Now, I pulled over the guidelines from the first one as they seemed to work well:

*Guidelines*
1. Be sure your Wishlist is public and only contains ebooks.
2. Please don't put your own books on your list; this is the Book Corner, so self-promotion rules apply. 
3. Please keep your list to a single page.
4. You are under no obligation to put up a list or to purchase a book for anyone. You are also under no obligation to tell the recipient who sent them a new book.
5. You may certainly buy books without putting up a list or you may put up a list without buying books for others. There is no tally; this is simply about having a bit of fun.
6. Have fun; be joyful.

Once you've posted your list in this thread, I'll try to keep an up to date list of all participants in the third post on this thread, but I do live in the outside world, so PM me if I don't see your post. a little wave to catch my attention and I'll usually pretty good at fixing it right up.


----------



## Geoffrey (Jun 20, 2009)

*Creating an ebook wishlist*










It's really just a two step process to set up a wishlist that allows others to send you a book without having to ask for your amazon associated email address.

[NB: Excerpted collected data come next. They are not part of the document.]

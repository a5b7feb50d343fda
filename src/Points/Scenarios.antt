-- ===== src/Points/Scenarios.antt =====
-- Runs of the points of go/points_accounts.go and go/points_orders.go on concrete tables.
use erdai_agent.Prelude.{
  ℤ, Bool, true, false, ℕ, true, false, String, none, some, ◌≡◌, refl, [], ◌∷◌, pos, neg, ◌+ℤ◌,
  ◌≤ℤ◌, ◌⊎◌, str_eq,
}
use erdai_agent.Core.{Env, stamp, Result, ok, err}
use erdai_agent.Text.{trim_space}
use erdai_agent.Points.Store.{
  Identity, Account, Entry, adjustment, redeem, Order, reserved, committed, refunded, Db,
  account_of, find_account, follow, canonical, sum_int64, balance, entry_clash, insert_entry,
}
use erdai_agent.Points.Accounts.{touch, scope, ensure_identity, add_account, add_identity}
use erdai_agent.Points.CheckIn.{daily_check_in, award, check_in_points}
use erdai_agent.Points.History.{
  PointsReach, opens, then_step, checks_in, reserves, empty_db, PointsReach-solvent,
}
use erdai_agent.Points.Merge.{
  merge_accounts, has_checkin, put_checkin, merge_into, merge_rows, merge_input, merged_before,
  owner_codes, copy_checkins, move_identities, move_orders, move_accounts,
}
use erdai_agent.Points.Orders.{
  OrderInput, Reservation, check_order, parse_kind, parse_points, find_order, first_identity,
  find_by_id, insert_order, place_order, reserve_in, reserve_order, parse_resolution, credit,
  update_order, resolve_in, resolve_order,
}
use erdai_agent.Points.Conserve.{points_of, touched, merge_conserves}
use erdai_agent.Points.Settle.{resolve_settles, resolve_final, refund_part}
use erdai_agent.Points.Reserve.{reserve_takes, taken}

abbrev pub env : ℕ → Env
env t = record {
  now = t;
  format_time = λ n. "2026-11-26T00:00:00Z";
  parse_time = λ s. none;
  new_id = some "o1";
  aead = true;
  encrypt = λ goal. some goal;
  lower = λ s. s;
}

abbrev pub ana : Identity
ana = record { transport = "onebot"; transport_instance = "1"; sender_ref = "7" }

abbrev pub bea : Identity
bea = record { transport = "newapi"; transport_instance = "2"; sender_ref = "8" }

abbrev account : String → Account
account id = record { id = id; merged_into = ""; updated_at = stamp (env 1) 1 }

abbrev grant : String → Identity → ℕ → Entry
grant id i n = record {
  id = id;
  identity = i;
  kind = adjustment;
  points = pos n;
  reference_key = id;
  note = "";
  created_at = stamp (env 1) 1;
}

abbrev pub two_accounts : Db
two_accounts = record {
  accounts = account "a" ∷ account "b" ∷ [];
  identities =
      record { identity = ana; account_id = "a" }
      ∷ record { identity = bea; account_id = "b" }
      ∷ [];
  entries = grant "g1" ana 30 ∷ grant "g2" bea 12 ∷ [];
  checkins = [];
  orders = [];
  merges = [];
  links = [];
  owners = [];
}

abbrev order_input : OrderInput
order_input = record {
  account_id = "a";
  source = "shop";
  external_ref = "r1";
  kind = "redemption";
  points = pos 20;
  note = "cup";
}

abbrev db_of {ℓ} : {A : Type ℓ} → Result (Db × A) → Db
db_of (ok (db, a)) = db
db_of (err x) = two_accounts

abbrev no_order : Order
no_order = record {
  id = "";
  account_id = "";
  source = "";
  external_ref = "";
  kind = redeem;
  points = 0;
  status = reserved;
  note = "";
  resolution_note = "";
  identity = ana;
  created_at = stamp (env 1) 1;
  updated_at = stamp (env 1) 1;
}

abbrev order_of : Result (Db × Order) → Order
order_of (ok (db, o)) = o
order_of (err x) = no_order

abbrev merging : Result (Db × String)
merging = merge_accounts (env 5) two_accounts "b" "a" "same person"

merging_eq : merging ≡ ok (db_of merging, "a")
unfolding merge_accounts merge_into merge_rows merge_input merged_before owner_codes canonical
    follow find_account touch balance sum_int64 account_of move_identities move_orders move_accounts
    copy_checkins trim_space ◌+ℤ◌
merging_eq = refl

merge_conserves_example :
    ((canonical (touched (env 5) "a" two_accounts) "b" ≡ ok "a")
      × (canonical (touched (env 5) "a" two_accounts) "a" ≡ ok "a")
      × (db_of merging ≡ two_accounts))
    ⊎ ((canonical (touched (env 5) "a" two_accounts) "b" ≡ ok "b")
        × (canonical (touched (env 5) "a" two_accounts) "a" ≡ ok "a")
        × (str_eq "b" "a" ≡ false)
        × (points_of (db_of merging) "a" ≡ points_of two_accounts "a" +ℤ points_of two_accounts "b")
        × (points_of (db_of merging) "b" ≡ pos 0)
        × ((other : String)
            → str_eq "b" other ≡ false
            → str_eq "a" other ≡ false
            → points_of (db_of merging) other ≡ points_of two_accounts other)
        × ((db_of merging).entries ≡ two_accounts.entries))
merge_conserves_example = merge_conserves (env 5) two_accounts "b" "a" "same person" merging_eq

abbrev reserving : Result (Db × Order)
reserving = reserve_order (env 5) two_accounts order_input

reserving_eq : reserving ≡ ok (db_of reserving, order_of reserving)
unfolding reserve_order reserve_in place_order check_order parse_kind parse_points canonical follow
    find_account touch find_order balance sum_int64 account_of first_identity insert_order
    find_by_id insert_entry entry_clash trim_space ◌+ℤ◌ neg
reserving_eq = refl

abbrev refunding : Result (Db × Order)
refunding = resolve_order (env 6) (db_of reserving) "o1" "refunded" "sold out"

refunding_eq : refunding ≡ ok (db_of refunding, order_of refunding)
unfolding resolve_order resolve_in parse_resolution find_by_id credit insert_entry entry_clash
    balance sum_int64 update_order reserve_order reserve_in place_order check_order parse_kind
    parse_points canonical follow find_account touch find_order account_of first_identity
    insert_order trim_space ◌+ℤ◌ neg
refunding_eq = refl

abbrev again : Result (Db × Order)
again = resolve_order (env 7) (db_of refunding) "o1" "refunded" "again"

again_eq : again ≡ ok (db_of again, order_of again)
unfolding resolve_order resolve_in parse_resolution find_by_id credit insert_entry entry_clash
    balance sum_int64 update_order reserve_order reserve_in place_order check_order parse_kind
    parse_points canonical follow find_account touch find_order account_of first_identity
    insert_order trim_space ◌+ℤ◌ neg
again_eq = refl

resolve_final_example : db_of again ≡ db_of refunding
resolve_final_example =
    resolve_final (env 6) (env 7) (db_of reserving) "o1" "refunded" "refunded" "sold out" "again"
      refunding_eq again_eq

resolve_settles_example :
    (o₀ : Order) × (find_by_id "o1" (db_of reserving).orders ≡ some o₀)
    × (((db_of refunding ≡ db_of reserving)
          × (order_of refunding ≡ o₀)
          × (parse_resolution "refunded" ≡ some o₀.status))
        ⊎ ((o₀.status ≡ reserved)
            × ((order_of refunding).status ≡ committed)
            × ((acc : String) → points_of (db_of refunding) acc ≡ points_of (db_of reserving) acc))
        ⊎ ((o₀.status ≡ reserved)
            × ((order_of refunding).status ≡ refunded)
            × ((acc : String)
                → points_of (db_of refunding) acc
                  ≡ points_of (db_of reserving) acc
                    +ℤ refund_part (db_of reserving).identities acc o₀)))
resolve_settles_example =
    resolve_settles (env 6) (db_of reserving) "o1" "refunded" "sold out" refunding_eq

reserve_takes_example :
    (r : Reservation) × (check_order order_input ≡ ok r)
    × (((db_of reserving ≡ two_accounts)
          × (find_order r.source r.external_ref two_accounts.orders ≡ some (order_of reserving)))
        ⊎ ((find_order r.source r.external_ref two_accounts.orders ≡ none)
            × ((order_of reserving).points ≡ r.points)
            × (pos (order_of reserving).points
                ≤ℤ points_of two_accounts (order_of reserving).account_id)
            × ((acc : String)
                → points_of (db_of reserving) acc
                  ≡ points_of two_accounts acc +ℤ taken (order_of reserving) acc)))
reserve_takes_example =
    reserve_takes (env 5) two_accounts order_input ((refl, tt), (tt, tt)) reserving_eq

abbrev checking : Result (Db × Bool × ℤ)
checking = daily_check_in (λ i. "a") (env 5) (empty_db []) ana (pos 25) "2026-11-26"

abbrev checked_db : Result (Db × Bool × ℤ) → Db
checked_db (ok (db, b, n)) = db
checked_db (err x) = two_accounts

abbrev sum_of : Result (Db × Bool × ℤ) → ℤ
sum_of (ok (db, b, n)) = n
sum_of (err x) = pos 0

checking_eq : checking ≡ ok (checked_db checking, true, sum_of checking)
unfolding daily_check_in scope ensure_identity add_account add_identity account_of find_account
    has_checkin put_checkin award check_in_points insert_entry entry_clash balance sum_int64
    trim_space ◌+ℤ◌
checking_eq = refl

abbrev spending : Result (Db × Order)
spending = reserve_order (env 6) (checked_db checking) order_input

spending_eq : spending ≡ ok (db_of spending, order_of spending)
unfolding reserve_order reserve_in place_order check_order parse_kind parse_points canonical follow
    find_account touch find_order balance sum_int64 account_of first_identity insert_order
    find_by_id insert_entry entry_clash trim_space ◌+ℤ◌ neg daily_check_in scope ensure_identity
    add_account add_identity has_checkin put_checkin award check_in_points
spending_eq = refl

history : PointsReach (db_of spending)
history =
    then_step
      (then_step (opens [])
        (checks_in (λ i. "a") (env 5) ana (pos 25) "2026-11-26" true (sum_of checking) checking_eq))
      (reserves (env 6) order_input (order_of spending) spending_eq)

PointsReach-solvent_example : pos 0 ≤ℤ points_of (db_of spending) "a"
PointsReach-solvent_example = PointsReach-solvent history "a"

1. on your wishlist page on Amazon.com, create a new wish list by clicking 'Create another Wish List' under your existing wishlists. It will open a window that allows you to name it whatever (Secret Santa, perhaps? ) and it will default to public. It needs to remain a public wishlist for others to see it; there is a setting that will allow you make it visible only to people who have the url - that should work too if you want a little more privacy..... Save the list you just created.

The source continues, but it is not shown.